▸ **Provided material**

┌──

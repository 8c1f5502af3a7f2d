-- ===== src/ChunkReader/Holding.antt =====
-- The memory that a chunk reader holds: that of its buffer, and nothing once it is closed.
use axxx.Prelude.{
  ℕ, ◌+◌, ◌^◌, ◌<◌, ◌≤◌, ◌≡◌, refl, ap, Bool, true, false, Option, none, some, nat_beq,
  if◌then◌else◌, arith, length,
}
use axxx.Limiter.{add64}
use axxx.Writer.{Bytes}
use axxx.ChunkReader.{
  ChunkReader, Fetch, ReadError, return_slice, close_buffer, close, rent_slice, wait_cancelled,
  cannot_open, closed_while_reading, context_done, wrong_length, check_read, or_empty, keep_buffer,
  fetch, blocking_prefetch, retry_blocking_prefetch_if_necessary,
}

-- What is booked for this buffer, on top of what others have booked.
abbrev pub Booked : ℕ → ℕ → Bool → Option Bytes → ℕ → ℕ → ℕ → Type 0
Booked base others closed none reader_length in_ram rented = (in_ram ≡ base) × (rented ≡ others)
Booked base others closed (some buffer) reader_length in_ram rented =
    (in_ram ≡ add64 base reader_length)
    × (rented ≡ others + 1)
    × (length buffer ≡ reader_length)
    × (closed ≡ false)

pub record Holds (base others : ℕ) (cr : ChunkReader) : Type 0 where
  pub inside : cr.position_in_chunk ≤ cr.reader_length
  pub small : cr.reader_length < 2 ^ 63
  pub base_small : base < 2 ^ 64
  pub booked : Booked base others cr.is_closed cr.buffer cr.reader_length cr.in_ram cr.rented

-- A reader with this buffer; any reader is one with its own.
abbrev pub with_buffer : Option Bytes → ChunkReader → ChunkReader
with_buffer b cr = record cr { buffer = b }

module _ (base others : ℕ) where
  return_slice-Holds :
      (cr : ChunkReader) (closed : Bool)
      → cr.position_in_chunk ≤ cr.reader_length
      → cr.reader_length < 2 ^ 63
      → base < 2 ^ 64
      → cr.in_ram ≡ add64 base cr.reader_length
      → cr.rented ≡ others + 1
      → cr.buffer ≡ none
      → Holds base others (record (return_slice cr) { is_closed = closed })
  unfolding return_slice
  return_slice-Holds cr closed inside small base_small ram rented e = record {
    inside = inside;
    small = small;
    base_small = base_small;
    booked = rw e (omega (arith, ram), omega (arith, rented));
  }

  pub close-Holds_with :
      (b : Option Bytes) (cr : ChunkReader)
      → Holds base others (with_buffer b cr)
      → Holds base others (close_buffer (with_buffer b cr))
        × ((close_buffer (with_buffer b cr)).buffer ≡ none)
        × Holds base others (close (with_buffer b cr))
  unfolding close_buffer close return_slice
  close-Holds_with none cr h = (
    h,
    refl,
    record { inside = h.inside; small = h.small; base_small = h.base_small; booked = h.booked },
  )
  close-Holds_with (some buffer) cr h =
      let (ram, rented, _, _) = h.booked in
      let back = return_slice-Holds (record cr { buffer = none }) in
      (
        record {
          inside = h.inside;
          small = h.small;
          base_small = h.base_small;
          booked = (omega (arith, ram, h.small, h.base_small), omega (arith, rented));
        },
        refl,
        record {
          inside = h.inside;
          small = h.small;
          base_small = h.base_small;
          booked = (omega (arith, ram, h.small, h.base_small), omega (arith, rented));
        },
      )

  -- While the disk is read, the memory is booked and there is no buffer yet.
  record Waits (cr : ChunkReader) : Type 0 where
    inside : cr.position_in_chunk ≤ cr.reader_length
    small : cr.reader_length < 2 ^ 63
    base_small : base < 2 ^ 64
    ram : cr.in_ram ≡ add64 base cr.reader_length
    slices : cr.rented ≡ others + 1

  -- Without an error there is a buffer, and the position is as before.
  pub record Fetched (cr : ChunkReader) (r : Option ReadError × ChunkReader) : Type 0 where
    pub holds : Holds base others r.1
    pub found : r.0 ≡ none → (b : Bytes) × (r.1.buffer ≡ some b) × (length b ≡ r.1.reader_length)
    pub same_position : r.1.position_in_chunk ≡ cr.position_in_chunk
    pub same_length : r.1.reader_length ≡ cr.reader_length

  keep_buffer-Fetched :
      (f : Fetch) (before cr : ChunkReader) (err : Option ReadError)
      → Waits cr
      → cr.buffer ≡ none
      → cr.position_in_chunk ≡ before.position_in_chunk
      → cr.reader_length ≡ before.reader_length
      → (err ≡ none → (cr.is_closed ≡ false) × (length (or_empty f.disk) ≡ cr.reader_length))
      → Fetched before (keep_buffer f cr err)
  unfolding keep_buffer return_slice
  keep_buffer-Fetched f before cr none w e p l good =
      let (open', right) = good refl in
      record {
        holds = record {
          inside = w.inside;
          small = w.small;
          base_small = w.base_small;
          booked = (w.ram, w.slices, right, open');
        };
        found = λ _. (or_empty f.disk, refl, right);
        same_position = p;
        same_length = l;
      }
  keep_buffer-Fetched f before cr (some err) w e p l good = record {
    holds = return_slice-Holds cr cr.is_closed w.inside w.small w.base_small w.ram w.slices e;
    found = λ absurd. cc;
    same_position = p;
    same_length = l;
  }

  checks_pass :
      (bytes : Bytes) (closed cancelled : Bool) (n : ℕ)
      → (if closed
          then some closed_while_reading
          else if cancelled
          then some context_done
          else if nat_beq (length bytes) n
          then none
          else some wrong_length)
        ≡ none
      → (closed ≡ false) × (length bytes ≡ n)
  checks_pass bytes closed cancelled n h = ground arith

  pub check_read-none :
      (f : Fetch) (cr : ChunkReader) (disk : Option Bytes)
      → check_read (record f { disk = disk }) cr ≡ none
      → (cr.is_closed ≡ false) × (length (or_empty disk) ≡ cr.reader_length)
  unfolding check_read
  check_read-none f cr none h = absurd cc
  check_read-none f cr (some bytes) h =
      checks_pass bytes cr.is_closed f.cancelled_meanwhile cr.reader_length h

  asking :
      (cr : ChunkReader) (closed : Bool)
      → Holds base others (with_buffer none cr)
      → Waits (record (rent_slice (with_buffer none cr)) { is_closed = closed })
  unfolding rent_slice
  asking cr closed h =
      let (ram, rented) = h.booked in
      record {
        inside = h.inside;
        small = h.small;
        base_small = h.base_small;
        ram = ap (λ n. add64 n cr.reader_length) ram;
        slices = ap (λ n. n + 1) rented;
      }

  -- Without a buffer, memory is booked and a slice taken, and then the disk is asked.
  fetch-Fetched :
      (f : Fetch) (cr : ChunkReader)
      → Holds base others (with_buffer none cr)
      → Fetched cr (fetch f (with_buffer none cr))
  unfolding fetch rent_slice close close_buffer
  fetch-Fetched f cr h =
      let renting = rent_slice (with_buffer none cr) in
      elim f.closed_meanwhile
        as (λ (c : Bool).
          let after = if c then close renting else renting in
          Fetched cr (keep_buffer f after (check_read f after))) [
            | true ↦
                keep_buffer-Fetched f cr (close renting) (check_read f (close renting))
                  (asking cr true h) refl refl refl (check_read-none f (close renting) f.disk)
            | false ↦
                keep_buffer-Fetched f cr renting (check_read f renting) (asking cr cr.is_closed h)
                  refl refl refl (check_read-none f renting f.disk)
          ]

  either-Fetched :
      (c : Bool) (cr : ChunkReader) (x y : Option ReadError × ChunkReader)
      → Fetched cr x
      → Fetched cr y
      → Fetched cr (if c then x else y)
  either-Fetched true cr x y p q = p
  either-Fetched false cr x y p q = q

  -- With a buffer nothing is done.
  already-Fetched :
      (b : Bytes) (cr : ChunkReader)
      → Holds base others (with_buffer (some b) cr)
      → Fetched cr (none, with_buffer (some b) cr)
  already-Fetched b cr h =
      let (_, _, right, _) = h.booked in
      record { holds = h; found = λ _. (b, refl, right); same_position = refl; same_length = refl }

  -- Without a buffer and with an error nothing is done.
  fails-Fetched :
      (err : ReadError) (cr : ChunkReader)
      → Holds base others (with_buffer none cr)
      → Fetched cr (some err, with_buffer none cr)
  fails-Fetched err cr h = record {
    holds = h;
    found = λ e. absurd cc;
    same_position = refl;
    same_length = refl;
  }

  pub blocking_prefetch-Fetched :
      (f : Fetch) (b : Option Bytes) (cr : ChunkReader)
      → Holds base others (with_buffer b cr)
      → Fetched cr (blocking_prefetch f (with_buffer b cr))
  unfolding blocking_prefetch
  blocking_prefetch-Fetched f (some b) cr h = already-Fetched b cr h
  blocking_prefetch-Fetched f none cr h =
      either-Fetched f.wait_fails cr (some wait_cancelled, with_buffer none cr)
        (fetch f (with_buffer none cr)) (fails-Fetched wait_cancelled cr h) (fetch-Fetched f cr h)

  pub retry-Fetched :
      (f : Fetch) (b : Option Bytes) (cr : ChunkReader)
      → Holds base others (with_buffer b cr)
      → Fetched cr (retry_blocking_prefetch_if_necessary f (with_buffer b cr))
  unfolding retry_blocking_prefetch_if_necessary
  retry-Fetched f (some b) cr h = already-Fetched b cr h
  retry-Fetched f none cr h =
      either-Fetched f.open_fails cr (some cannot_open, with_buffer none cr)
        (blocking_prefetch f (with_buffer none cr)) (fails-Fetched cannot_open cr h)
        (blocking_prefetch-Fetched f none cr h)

└──
┌──

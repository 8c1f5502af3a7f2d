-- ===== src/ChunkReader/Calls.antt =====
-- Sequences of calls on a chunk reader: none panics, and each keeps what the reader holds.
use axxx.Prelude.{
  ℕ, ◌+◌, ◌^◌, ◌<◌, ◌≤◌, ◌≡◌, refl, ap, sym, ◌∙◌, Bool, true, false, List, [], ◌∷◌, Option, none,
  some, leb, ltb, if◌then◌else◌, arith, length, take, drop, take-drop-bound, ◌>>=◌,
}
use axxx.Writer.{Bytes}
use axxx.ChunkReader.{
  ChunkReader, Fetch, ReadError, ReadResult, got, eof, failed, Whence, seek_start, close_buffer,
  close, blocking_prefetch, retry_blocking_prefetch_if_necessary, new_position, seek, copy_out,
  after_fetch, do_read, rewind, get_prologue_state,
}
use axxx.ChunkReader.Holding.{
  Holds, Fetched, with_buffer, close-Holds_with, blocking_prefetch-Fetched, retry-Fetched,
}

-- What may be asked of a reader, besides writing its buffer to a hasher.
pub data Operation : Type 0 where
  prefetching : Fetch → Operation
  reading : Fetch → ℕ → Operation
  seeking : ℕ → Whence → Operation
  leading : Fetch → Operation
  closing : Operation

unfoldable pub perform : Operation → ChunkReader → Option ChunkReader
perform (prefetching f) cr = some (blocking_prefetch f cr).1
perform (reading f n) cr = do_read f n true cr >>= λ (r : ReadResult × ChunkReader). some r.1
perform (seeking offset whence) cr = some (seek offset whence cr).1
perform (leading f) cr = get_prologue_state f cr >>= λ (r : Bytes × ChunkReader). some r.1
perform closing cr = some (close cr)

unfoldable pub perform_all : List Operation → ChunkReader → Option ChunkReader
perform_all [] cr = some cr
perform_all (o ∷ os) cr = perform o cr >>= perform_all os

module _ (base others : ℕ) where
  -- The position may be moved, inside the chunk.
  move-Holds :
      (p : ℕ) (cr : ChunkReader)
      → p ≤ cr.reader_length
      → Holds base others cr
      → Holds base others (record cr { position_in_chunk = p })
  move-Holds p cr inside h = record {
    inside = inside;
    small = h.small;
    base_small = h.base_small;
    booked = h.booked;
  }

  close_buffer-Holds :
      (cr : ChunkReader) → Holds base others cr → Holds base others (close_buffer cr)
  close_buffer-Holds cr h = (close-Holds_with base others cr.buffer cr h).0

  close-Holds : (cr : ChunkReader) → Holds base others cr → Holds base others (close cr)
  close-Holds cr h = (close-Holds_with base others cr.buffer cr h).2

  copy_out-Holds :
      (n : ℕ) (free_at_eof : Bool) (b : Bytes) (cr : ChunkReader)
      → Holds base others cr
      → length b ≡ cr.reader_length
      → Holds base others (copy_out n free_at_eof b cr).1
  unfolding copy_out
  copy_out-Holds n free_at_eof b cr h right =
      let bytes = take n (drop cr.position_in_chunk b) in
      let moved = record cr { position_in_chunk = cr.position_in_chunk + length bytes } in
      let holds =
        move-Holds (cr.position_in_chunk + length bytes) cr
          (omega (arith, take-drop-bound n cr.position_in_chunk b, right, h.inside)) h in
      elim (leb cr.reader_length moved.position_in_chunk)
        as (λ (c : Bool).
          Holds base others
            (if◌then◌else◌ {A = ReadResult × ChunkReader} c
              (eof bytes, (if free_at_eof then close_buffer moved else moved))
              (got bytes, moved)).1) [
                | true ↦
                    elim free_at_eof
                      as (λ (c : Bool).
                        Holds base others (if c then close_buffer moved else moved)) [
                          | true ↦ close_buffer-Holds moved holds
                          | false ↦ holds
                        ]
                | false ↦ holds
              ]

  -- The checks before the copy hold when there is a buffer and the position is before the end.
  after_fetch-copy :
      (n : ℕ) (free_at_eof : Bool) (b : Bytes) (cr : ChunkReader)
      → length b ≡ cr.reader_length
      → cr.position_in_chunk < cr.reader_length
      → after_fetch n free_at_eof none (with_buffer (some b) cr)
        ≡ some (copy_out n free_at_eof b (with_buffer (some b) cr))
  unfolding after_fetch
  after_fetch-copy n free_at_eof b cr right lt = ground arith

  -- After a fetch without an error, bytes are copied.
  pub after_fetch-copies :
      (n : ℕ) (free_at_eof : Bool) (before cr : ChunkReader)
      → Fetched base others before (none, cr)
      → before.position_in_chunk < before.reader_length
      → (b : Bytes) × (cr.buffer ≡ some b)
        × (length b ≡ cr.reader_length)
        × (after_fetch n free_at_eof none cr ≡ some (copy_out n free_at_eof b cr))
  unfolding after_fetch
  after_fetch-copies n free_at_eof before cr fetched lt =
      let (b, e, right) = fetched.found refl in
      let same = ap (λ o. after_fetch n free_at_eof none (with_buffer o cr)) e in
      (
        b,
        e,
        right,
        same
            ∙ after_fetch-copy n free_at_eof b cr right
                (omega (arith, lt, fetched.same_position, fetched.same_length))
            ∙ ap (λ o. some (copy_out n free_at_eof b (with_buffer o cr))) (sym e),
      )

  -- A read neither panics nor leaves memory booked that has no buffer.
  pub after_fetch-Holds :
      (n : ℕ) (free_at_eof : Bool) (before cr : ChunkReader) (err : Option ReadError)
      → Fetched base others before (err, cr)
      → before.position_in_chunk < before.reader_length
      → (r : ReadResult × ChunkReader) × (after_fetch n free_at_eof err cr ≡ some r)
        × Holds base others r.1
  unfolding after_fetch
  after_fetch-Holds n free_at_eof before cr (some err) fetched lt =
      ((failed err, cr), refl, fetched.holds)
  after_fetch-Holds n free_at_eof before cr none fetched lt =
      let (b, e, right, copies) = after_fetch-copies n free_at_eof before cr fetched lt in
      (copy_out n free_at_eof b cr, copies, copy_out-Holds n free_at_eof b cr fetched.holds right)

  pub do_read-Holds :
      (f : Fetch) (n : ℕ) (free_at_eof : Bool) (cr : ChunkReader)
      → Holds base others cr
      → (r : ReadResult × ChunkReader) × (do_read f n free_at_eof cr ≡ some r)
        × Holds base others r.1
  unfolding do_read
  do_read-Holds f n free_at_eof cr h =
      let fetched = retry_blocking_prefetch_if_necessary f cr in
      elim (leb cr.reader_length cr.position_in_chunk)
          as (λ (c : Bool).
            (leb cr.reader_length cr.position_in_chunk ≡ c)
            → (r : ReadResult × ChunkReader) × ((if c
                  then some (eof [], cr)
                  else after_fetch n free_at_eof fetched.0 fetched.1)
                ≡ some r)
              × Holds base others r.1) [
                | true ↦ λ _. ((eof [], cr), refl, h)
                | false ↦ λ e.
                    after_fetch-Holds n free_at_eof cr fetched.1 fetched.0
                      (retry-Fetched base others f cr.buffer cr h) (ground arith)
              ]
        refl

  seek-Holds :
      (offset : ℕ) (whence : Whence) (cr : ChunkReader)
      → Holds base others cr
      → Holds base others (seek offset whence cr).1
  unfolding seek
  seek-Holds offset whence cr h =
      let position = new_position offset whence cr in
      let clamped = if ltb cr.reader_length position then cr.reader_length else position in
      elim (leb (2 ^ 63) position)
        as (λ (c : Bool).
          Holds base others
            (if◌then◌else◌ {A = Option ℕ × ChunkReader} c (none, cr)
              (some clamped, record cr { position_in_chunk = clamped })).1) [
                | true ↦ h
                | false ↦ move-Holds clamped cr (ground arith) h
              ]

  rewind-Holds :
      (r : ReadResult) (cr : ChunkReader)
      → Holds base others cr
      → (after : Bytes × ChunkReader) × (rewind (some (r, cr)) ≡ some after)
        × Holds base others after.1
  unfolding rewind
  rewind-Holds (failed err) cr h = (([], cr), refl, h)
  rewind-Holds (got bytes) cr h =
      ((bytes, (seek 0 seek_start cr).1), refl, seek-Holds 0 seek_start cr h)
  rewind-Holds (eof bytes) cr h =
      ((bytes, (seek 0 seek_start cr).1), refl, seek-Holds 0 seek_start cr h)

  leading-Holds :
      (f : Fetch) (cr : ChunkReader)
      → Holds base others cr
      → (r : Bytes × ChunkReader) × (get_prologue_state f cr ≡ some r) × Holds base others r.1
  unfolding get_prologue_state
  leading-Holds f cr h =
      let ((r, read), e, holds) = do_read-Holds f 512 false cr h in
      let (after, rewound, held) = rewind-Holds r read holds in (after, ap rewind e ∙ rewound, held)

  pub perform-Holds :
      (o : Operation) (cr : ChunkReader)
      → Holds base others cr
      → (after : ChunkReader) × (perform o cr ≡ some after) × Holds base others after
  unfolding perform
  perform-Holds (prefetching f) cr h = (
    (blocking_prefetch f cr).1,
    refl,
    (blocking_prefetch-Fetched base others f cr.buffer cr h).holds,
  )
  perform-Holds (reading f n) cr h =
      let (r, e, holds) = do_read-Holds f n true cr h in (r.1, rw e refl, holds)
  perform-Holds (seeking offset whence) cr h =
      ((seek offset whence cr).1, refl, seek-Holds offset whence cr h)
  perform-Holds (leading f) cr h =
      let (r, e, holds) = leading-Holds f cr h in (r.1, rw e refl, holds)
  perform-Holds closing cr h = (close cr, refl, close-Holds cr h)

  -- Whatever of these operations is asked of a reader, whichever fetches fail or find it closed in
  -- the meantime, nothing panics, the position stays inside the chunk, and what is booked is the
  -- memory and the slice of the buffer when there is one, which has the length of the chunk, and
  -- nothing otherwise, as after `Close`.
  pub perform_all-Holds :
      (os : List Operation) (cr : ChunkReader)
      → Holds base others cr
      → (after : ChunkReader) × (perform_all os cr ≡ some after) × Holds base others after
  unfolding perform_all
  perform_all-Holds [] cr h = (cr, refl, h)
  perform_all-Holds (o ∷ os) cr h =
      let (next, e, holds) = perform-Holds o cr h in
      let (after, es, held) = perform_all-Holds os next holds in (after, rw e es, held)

└──

▸ **What you are asked to do**
Find the string "asking" in the listing and return every line that holds it.

▸ **Reply**
  asking :
  asking cr closed h =
                  (asking cr true h) refl refl refl (check_read-none f (close renting) f.disk)
                keep_buffer-Fetched f cr renting (check_read f renting) (asking cr cr.is_closed h)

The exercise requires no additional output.